When verification reveals a problem, the cycle repeats: plan the fix, implement, verify again. The acceptance criteria you wrote in Step 2 are the same checklist you use in Step 4. They do double duty as both spec and test.

Write Your First Delegation Contract

Mob Session | ~5 minutes total | Gather around one screen. One person drives, everyone else navigates.

New to mobbing? The whole team gathers around one screen. One person is the "driver" (hands on the keyboard) while everyone else "navigates" (guiding what to do, watching for mistakes, thinking ahead). You'll rotate who drives throughout the day.

Your team is about to build a Dark Vessel Risk Assessment Tool: a system that helps maritime intelligence analysts at the Office of Naval Intelligence (ONI) detect vessels that may be evading sanctions. These analysts work a 24/7 watch floor at the National Maritime Intelligence Center, monitoring vessel traffic across entire ocean regions. Their job is to cross-reference vessel identities against sanctions lists, check behavioral history for patterns of deception, and correlate satellite imagery against transponder data to find vessels that have gone dark. Today, this work requires manually switching between six different systems and data formats. Your tool brings those sources together.

First, practice the Explore step. Ask your AI coding assistant:

I'm building a tool for maritime intelligence analysts
who monitor vessel traffic and detect sanctions evasion.
Their workflow involves cross-referencing AIS transponder
data, OFAC sanctions lists, vessel behavior history, and
satellite imagery.

What are the biggest pain points in this workflow today?
What would make the analyst's job faster and more accurate?

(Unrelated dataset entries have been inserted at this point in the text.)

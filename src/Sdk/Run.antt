-- ===== src/Sdk/Run.antt =====
-- What a call in Go comes to: a value, a panic, or, for a recursion whose depth is bounded by fuel,
-- nothing yet.
pub mod Outcomes
use feature_flags.Base.{ℤ, pos, negsuc, String, Option, none, some, List, [], ◌∷◌}
use feature_flags.Base.{◌==◌, text_key, if◌then◌else◌, get_elem?, Bool, false, ◌||◌}

pub data Run {ℓ} (A : Type ℓ) : Type ℓ where
  done : A → Run A
  panicked : Run A
  out_of_fuel : Run A

infixl 5 ◌>>=◌
abbrev pub ◌>>=◌ {ℓ κ} : {A : Type ℓ} {B : Type κ} → Run A → (A → Run B) → Run B
done a >>= f = f a
panicked >>= f = panicked
out_of_fuel >>= f = out_of_fuel

abbrev pub or_panic {ℓ} : {A : Type ℓ} → Option A → Run A
or_panic none = panicked
or_panic (some a) = done a

-- `l[i]` for an `int`
abbrev pub index_at {ℓ} : {A : Type ℓ} → List A → ℤ → Run A
index_at l (pos n) = or_panic (get_elem? l n)
index_at l (negsuc n) = panicked

-- `v, ok := m[k]` of a `map[string]V`
abbrev pub lookup {ℓ} : {V : Type ℓ} → String → List (String × V) → Option V
lookup k [] = none
lookup k ((j, v) ∷ m) = if j == k then some v else lookup k m

-- Whether a list of texts has one, as a loop over it finds, or a `map[string]bool` of those that
-- are set.
abbrev pub contains : String → List String → Bool
contains k [] = false
contains k (j ∷ l) = j == k || contains k l
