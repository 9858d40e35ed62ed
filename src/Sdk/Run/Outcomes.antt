-- ===== src/Sdk/Run/Outcomes.antt =====
-- Postconditions of a call, with a rule for `>>=` and one for a branch.
use feature_flags.Base.{true, false, Bool, if◌then◌else◌}
use feature_flags.Sdk.Run.{Run, done, panicked, out_of_fuel, ◌>>=◌}

-- The fuel was enough.
abbrev pub Ends {ℓ} : {A : Type ℓ} → Run A → Type 0
Ends (done a) = Unit
Ends panicked = Unit
Ends out_of_fuel = ⊥

pub Ends-bind {ℓ κ} :
    {A : Type ℓ} {B : Type κ} (m : Run A) (f : A → Run B)
    → Ends m
    → ((a : A) → Ends (f a))
    → Ends (m >>= f)
Ends-bind (done a) f h k = k a
Ends-bind panicked f h k = tt
Ends-bind out_of_fuel f h k = elim h [ ]

pub Ends-if {ℓ} :
    {A : Type ℓ} (b : Bool) (x y : Run A) → Ends x → Ends y → Ends (if b then x else y)
Ends-if true x y h k = h
Ends-if false x y h k = k

-- A value that the predicate holds of, if the call comes to an end: it does not panic.
abbrev pub Gives {ℓ} : {A : Type ℓ} → (A → Type 0) → Run A → Type 0
Gives P (done a) = P a
Gives P panicked = ⊥
Gives P out_of_fuel = Unit

pub Gives-bind {ℓ κ} :
    {A : Type ℓ} {B : Type κ} (P : A → Type 0) (Q : B → Type 0) (m : Run A) (f : A → Run B)
    → Gives P m
    → ((a : A) → P a → Gives Q (f a))
    → Gives Q (m >>= f)
Gives-bind P Q (done a) f h k = k a h
Gives-bind P Q panicked f h k = elim h [ ]
Gives-bind P Q out_of_fuel f h k = tt

pub Gives-if {ℓ} :
    {A : Type ℓ} (P : A → Type 0) (b : Bool) (x y : Run A)
    → Gives P x
    → Gives P y
    → Gives P (if b then x else y)
Gives-if P true x y h k = h
Gives-if P false x y h k = k

-- Nothing is said of the value.
abbrev pub Any {ℓ} : {A : Type ℓ} → A → Type 0
Any a = Unit
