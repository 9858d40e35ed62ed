-- ===== src/Sdk/Types.antt =====
-- sdk/go/flageval/types.go. A pointer that may be nil is an `Option`, a map an association list, and
-- an `int` an integer.
use feature_flags.Base.{ℤ, String, Bool, Option, List}
use feature_flags.Sdk.Values.{Go, Value}

module _ ⦃g : Go⦄ where
  pub record Variation : Type 0 where
    pub name : String
    pub value : Value

  pub record Clause : Type 0 where
    pub context_kind : String
    pub attribute : String
    pub op : String
    pub values : List Value
    pub negate : Bool

pub record WeightedVariation : Type 0 where
  pub variation : ℤ
  pub weight : ℤ

pub record Rollout : Type 0 where
  pub context_kind : String
  pub bucket_by : String
  pub variations : List WeightedVariation

pub record Fallthrough : Type 0 where
  pub variation : Option ℤ
  pub rollout : Option Rollout

pub record Target : Type 0 where
  pub context_kind : String
  pub variation : ℤ
  pub keys : List String

pub record Prerequisite : Type 0 where
  pub flag_key : String
  pub variation : ℤ

module _ ⦃g : Go⦄ where
  pub record Rule : Type 0 where
    pub clauses : List Clause
    pub variation : Option ℤ
    pub rollout : Option Rollout

  pub record Config : Type 0 where
    pub enabled : Bool
    pub targets : List Target
    pub rules : List Rule
    pub fallthrough : Fallthrough
    pub off_variation : ℤ
    pub prerequisites : List Prerequisite

  pub record Flag : Type 0 where
    pub key : String
    pub salt : String
    pub kind : String
    pub variations : List Variation
    pub config : Config

  pub record SegmentRule : Type 0 where
    pub clauses : List Clause

  pub record Segment : Type 0 where
    pub key : String
    pub context_kind : String
    pub included : List String
    pub excluded : List String
    pub rules : List SegmentRule

  pub record Store : Type 0 where
    pub flags : List (String × Flag)
    pub segments : List (String × Segment)

  pub record Result : Type 0 where
    pub variation_index : ℤ
    pub value : Value
    pub reason : String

Spend 60 seconds reading the response. Let it inform which capability you focus on and what acceptance criteria you write.

Now write a user story for the ONI analyst with 2-3 acceptance criteria. The analyst has one role but many needs. Pick one capability to focus on:

  • Sanctions screening: "As an ONI watch floor analyst, I want to see which vessels match the OFAC sanctions list so that..."
  • Behavior analysis: "As an ONI watch floor analyst, I want to see each vessel's history of AIS gaps so that..."
  • Dark vessel detection: "As an ONI watch floor analyst, I want to cross-reference satellite detections against AIS positions so that..."

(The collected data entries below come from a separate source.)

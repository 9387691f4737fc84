-- ===== src/Session/Resume/Direct/Placed.antt =====
-- Where the direct streams go.
use outrelay_agent.Base.{
  ℕ, ◌==◌, ==_iff, ◌≡◌, refl, ap, ◌∙◌, sym, Bool, true, false, Bool-cases, inl, inr, if◌then◌else◌,
  Option, none, some, Option-cases, ◌⊎◌, List, [], ◌∷◌, ◌++◌, arith,
}
use outrelay_agent.Orp.{Frame, Positions, resume_frame}
use outrelay_agent.Session.Wrapper.{Wrapper, swap_inner}
use outrelay_agent.Session.Resume.{
  ResumeError, StreamEvent, shut, Streams, handle_direct_stream, direct_stream, retransmit,
  write_gap, finish,
}
use outrelay_agent.Session.Resume.Direct.{DirectStream, Ring, renew, set_stream, place, dropped}

-- The ring holds what the peer has not acknowledged, and the stream takes it, if it is not empty.
pub sends_gap : Option (List ℕ) → Bool → Bool
sends_gap none writes = false
sends_gap (some []) writes = true
sends_gap (some (b ∷ bs)) writes = writes

abbrev pub Rings : Type 0
Rings = ℕ → Option Ring

pub ring_of : Option (Wrapper × Ring) → Option Ring
ring_of none = none
ring_of (some known) = some known.1

can_resume : Option Ring → ℕ → Bool → Bool
unfolding sends_gap
can_resume none ack writes = false
can_resume (some from) ack writes = sends_gap (from ack) writes

-- The arrival's first frame names a stream of the session, whose ring can send what is missing.
pub is_taken : Rings → DirectStream → Bool
unfolding can_resume
is_taken rings a = elim a.reply as (λ x. Bool) [
  | none ↦ false
  | some f ↦ elim f as (λ x. Bool) [
    | resume_frame peer ↦ can_resume (rings peer.stream_id) peer.peer_ack_position a.writes
    | _ ↦ false
  ]
]

pub names : ℕ → Option Frame → Bool
names id (some (resume_frame peer)) = id == peer.stream_id
names id reply = false

-- What retransmit does on the arrival's stream, as its ring and the stream decide.
data Resend (a : DirectStream) (taken : Bool) (out : Option ResumeError × List StreamEvent)
    : Type 0 where
  sent_gap :
      {events : List StreamEvent}
      → taken ≡ true
      → out ≡ (none, events)
      → dropped a events ≡ []
      → Resend a taken out
  no_way :
      {e : ResumeError} {events : List StreamEvent}
      → taken ≡ false
      → out ≡ (some e, events)
      → dropped a (events ++ shut ∷ []) ≡ a.stream ∷ []
      → Resend a taken out

chunk_cases :
    (a : DirectStream) (writes : Bool) (b : ℕ) (bs : List ℕ)
    → Resend a (sends_gap (some (b ∷ bs)) writes) (write_gap writes (b ∷ bs))
unfolding sends_gap write_gap dropped
chunk_cases a true b bs = sent_gap refl refl refl
chunk_cases a false b bs = no_way refl refl refl

retransmit_cases :
    (a : DirectStream) (from : Ring) (ack : ℕ) (writes : Bool)
    → Resend a (sends_gap (from ack) writes) (retransmit from writes ack)
unfolding retransmit sends_gap write_gap dropped
retransmit_cases a from ack writes = elim (Option-cases (from ack)) [
  | inl gone ↦ rw (gone, retransmit) (no_way refl refl refl)
  | inr ([], got) ↦ rw (got, retransmit) (sent_gap refl refl refl)
  | inr (b ∷ bs, got) ↦ rw (got, retransmit) (chunk_cases a writes b bs)
]

no_resume :
    (rings : Rings) (streams : Streams) (st : ℕ) (f : Frame) (writes : Bool)
    → ((peer : Positions) × (f ≡ resume_frame peer))
      ⊎ ((place streams (some f) (handle_direct_stream streams st (some f) writes).0 ≡ streams)
          × ((a : DirectStream)
              → dropped a (handle_direct_stream streams st (some f) writes).2 ≡ a.stream ∷ [])
          × (is_taken rings (record { stream = st; reply = some f; writes = writes }) ≡ false))
unfolding handle_direct_stream place is_taken dropped
no_resume rings streams st (resume_frame peer) writes = inl (peer, refl)
no_resume rings streams st _ writes = inr (refl, (λ a. refl), refl)

ring_of-renew :
    (r : Wrapper) (known : Option (Wrapper × Ring)) → ring_of (renew r known) ≡ ring_of known
unfolding ring_of renew
ring_of-renew r none = refl
ring_of-renew r (some known) = refl

ring_of-set_stream :
    (streams : Streams) (k : ℕ) (r : Wrapper) (j : ℕ)
    → ring_of (set_stream streams k r j) ≡ ring_of (streams j)
unfolding set_stream
ring_of-set_stream streams k r j = elim (Bool-cases (j == k)) [
  | inl same ↦ rw same (ring_of-renew r (streams j))
  | inr other ↦ rw other refl
]

set_stream_known :
    (streams : Streams) (k id : ℕ) (r s : Wrapper) (from : Ring)
    → streams id ≡ some (r, from)
    → set_stream streams k s id ≡ some (if id == k then s else r, from)
unfolding set_stream renew
set_stream_known streams k id r s from known = elim (Bool-cases (id == k)) [
  | inl same ↦ rw (same, known) refl
  | inr other ↦ rw (other, known) refl
]

-- What an arrival does: its stream replaces the one of the wrapper that it names, or it is closed;
-- and no ring changes.
pub record Effect (rings : Rings) (streams : Streams) (a : DirectStream) (changed : Streams)
    (closed : List ℕ) : Type 0 where
  pub closes : closed ≡ (if is_taken rings a then [] else a.stream ∷ [])
  pub keeps : (j : ℕ) → ring_of (changed j) ≡ rings j
  pub swaps :
      (id : ℕ) (r : Wrapper) (from : Ring)
      → streams id ≡ some (r, from)
      → changed id
        ≡ some (
          if is_taken rings a then (if names id a.reply then swap_inner r a.stream else r) else r,
          from,
        )

module _ (rings : Rings) (streams : Streams) (agree : (j : ℕ) → ring_of (streams j) ≡ rings j) where
  closed-Effect :
      (a : DirectStream) → is_taken rings a ≡ false → Effect rings streams a streams (a.stream ∷ [])
  closed-Effect a untaken = record {
    closes = rw untaken refl;
    keeps = agree;
    swaps = λ id r from known. rw untaken known;
  }

  module _ (st : ℕ) (peer : Positions) (writes : Bool) where
    abbrev resuming : DirectStream
    resuming = record { stream = st; reply = some (resume_frame peer); writes = writes }

    known_ring :
        (known : Option (Wrapper × Ring))
        → streams peer.stream_id ≡ known
        → is_taken rings resuming ≡ can_resume (ring_of known) peer.peer_ack_position writes
    unfolding is_taken
    known_ring known e =
        ap (λ x. can_resume x peer.peer_ack_position writes)
          (sym (agree peer.stream_id) ∙ ap ring_of e)

    same_wrapper :
        (r s : Wrapper) (from other : Ring) (id : ℕ)
        → streams peer.stream_id ≡ some (r, from)
        → streams id ≡ some (s, other)
        → (id == peer.stream_id) ≡ true
        → r ≡ s
    same_wrapper r s from other id e f same =
        let at_id : id ≡ peer.stream_id = ground (arith, ==_iff id peer.stream_id) in cc

    taken-Effect :
        (r : Wrapper) (from : Ring)
        → streams peer.stream_id ≡ some (r, from)
        → is_taken rings resuming ≡ true
        → Effect rings streams resuming (set_stream streams peer.stream_id (swap_inner r st)) []
    unfolding names
    taken-Effect r from known taken = record {
      closes = rw taken refl;
      keeps = λ j. ring_of-set_stream streams peer.stream_id (swap_inner r st) j ∙ agree j;
      swaps = λ id s other there.
          set_stream_known streams peer.stream_id id s (swap_inner r st) other there
          ∙ elim (Bool-cases (id == peer.stream_id)) [
            | inl same ↦ rw (same, taken, same_wrapper r s from other id known there same) refl
            | inr else_ ↦ rw (else_, taken) refl
          ];
    }

    failed-Effect :
        (r : Wrapper) (from : Ring)
        → streams peer.stream_id ≡ some (r, from)
        → is_taken rings resuming ≡ false
        → Effect rings streams resuming (set_stream streams peer.stream_id r) (st ∷ [])
    failed-Effect r from known untaken = record {
      closes = rw untaken refl;
      keeps = λ j. ring_of-set_stream streams peer.stream_id r j ∙ agree j;
      swaps = λ id s other there.
          set_stream_known streams peer.stream_id id s r other there
          ∙ elim (Bool-cases (id == peer.stream_id)) [
            | inl same ↦ rw (same, untaken, same_wrapper r s from other id known there same) refl
            | inr else_ ↦ rw (else_, untaken) refl
          ];
    }

    resumed-Effect :
        let out = handle_direct_stream streams st (some (resume_frame peer)) writes in
        Effect rings streams resuming
          (place streams (some (resume_frame peer)) out.0)
          (dropped resuming out.2)
    unfolding handle_direct_stream direct_stream finish place dropped can_resume ring_of
    resumed-Effect = elim (Option-cases (streams peer.stream_id)) [
      | inl unknown ↦
          rw (unknown, handle_direct_stream) (closed-Effect resuming (known_ring none unknown))
      | inr ((r, from), known) ↦
          elim (retransmit_cases resuming from peer.peer_ack_position writes) [
            | sent_gap can sent nothing ↦
                rw (known, handle_direct_stream, sent, nothing)
                  (taken-Effect r from known (known_ring (some (r, from)) known ∙ can))
            | no_way cannot sent closed ↦
                rw (known, handle_direct_stream, sent, closed)
                  (failed-Effect r from known (known_ring (some (r, from)) known ∙ cannot))
          ]
    ]

  pub handled-Effect :
      (st : ℕ) (reply : Option Frame) (writes : Bool)
      → let a : DirectStream = record { stream = st; reply = reply; writes = writes } in
        let out = handle_direct_stream streams st reply writes in
        Effect rings streams a (place streams reply out.0) (dropped a out.2)
  unfolding handle_direct_stream place dropped is_taken
  handled-Effect st none writes = closed-Effect _ refl
  handled-Effect st (some f) writes = elim (no_resume rings streams st f writes) [
    | inl (peer, e) ↦ rw e (resumed-Effect st peer writes)
    | inr (same, failed, untaken) ↦ rw (same, failed _) (closed-Effect _ untaken)
  ]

Add 2-3 Given/When/Then acceptance criteria that define when this feature is done.

Discuss: Notice how the "I want" changes the entire shape of the feature. Sanctions screening pulls from the OFAC list and needs a quick visual flag. Behavior analysis pulls from gap event history and needs a timeline view. Dark vessel detection pulls from satellite imagery and needs a map overlay. Same user, same tool, but each capability is a different delegation contract with different data, different UI, and different acceptance criteria.

Key Insight

A user story with acceptance criteria is a delegation contract. The story tells AI what to build and why. The criteria tell both of you when it's done. When you can't write the criteria, that's your signal to break the task down further, not to delegate and hope for the best.